На улице барон остановился в нескольких метрах от магазина, поджидая Симона. Коротко попрощавшись, мимо проследовала вперевалку полная дама. Она не желала иметь никакого касательства к скандалу, а прежде всего — оказаться свидетельницей на процессе об оскорблении чести и достоинства, которого теперь не миновать; судья обменяется тонкими улыбками с адвокатами обеих сторон, когда, оглашая дело, зачтут: «… и затем ответчица назвала свидетельницу Н. чучелом гороховым…»

Симон, напротив, нашел в себе мужество признать:

— Искренне сожалею, что вызвал эту лавину. Собственно, мне и нужно было только немного проволоки, которой укрепляют цветы, чтобы починить портфель. Прошу прощения!
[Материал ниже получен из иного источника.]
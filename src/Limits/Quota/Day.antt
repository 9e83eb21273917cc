-- ===== src/Limits/Quota/Day.antt =====
-- How long a counter of a day lives.
use ai_inference_gateway_pla.Base.{ℕ, ◌+◌, ◌*◌, ◌≤◌, ◌<◌, ◌≡◌, arith}
use ai_inference_gateway_pla.Limits.Cache.{seconds}
use ai_inference_gateway_pla.Limits.Quota.{seconds_until_next_utc_day, day_of}

-- The end of the day that `now` is in, in microseconds.
abbrev pub day_end : ℕ → ℕ
day_end now = (day_of now + 1) * 86400000000

-- A counter that is made at `now` reaches into the last second of the day, and with a minute or
-- more of the day left it does not outlive the day: it may be gone up to a second before midnight.
pub ttl_covers_day :
    (now : ℕ)
    → (day_end now < now + seconds (seconds_until_next_utc_day now) + seconds 1)
      × (now + seconds 60 ≤ day_end now
          → now + seconds (seconds_until_next_utc_day now) ≤ day_end now)
unfolding seconds_until_next_utc_day
ttl_covers_day now = (omega arith, λ h. omega arith)

-- Any later moment of the day of `now` but those of its last second is before the deadline.
pub early-live :
    (now t : ℕ)
    → day_of t ≡ day_of now
    → t + seconds 1 ≤ day_end t
    → t < now + seconds (seconds_until_next_utc_day now)
early-live now t same early = let (late, _) = ttl_covers_day now in omega arith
Барон снял пенсне и провел тыльной стороной руки по носу и усам. Затем вновь надел пенсне, внимательно поглядел на Симона и наконец кивнул.

— Охотно извиняю вас. С удовольствием вижу и слышу, что судьба столкнула меня с человеком благородным или, по крайней мере, образованным. Нынче это не столь уж часто встречается и восполняет ущерб, причиненный — ну да! — причиненный досадным происшествием, доставившим мне, тем не менее, удовольствие. Так сосредоточенно стояли вы перед сиренью… Не дерзну утверждать, что не подобает вести себя подобным образом, но все же нельзя быть столь рассеянным, это легко может повлечь за собой обстоятельства куда более плачевные. Однако вы можете оказать мне небольшую услугу, если вам случайно в ту же сторону.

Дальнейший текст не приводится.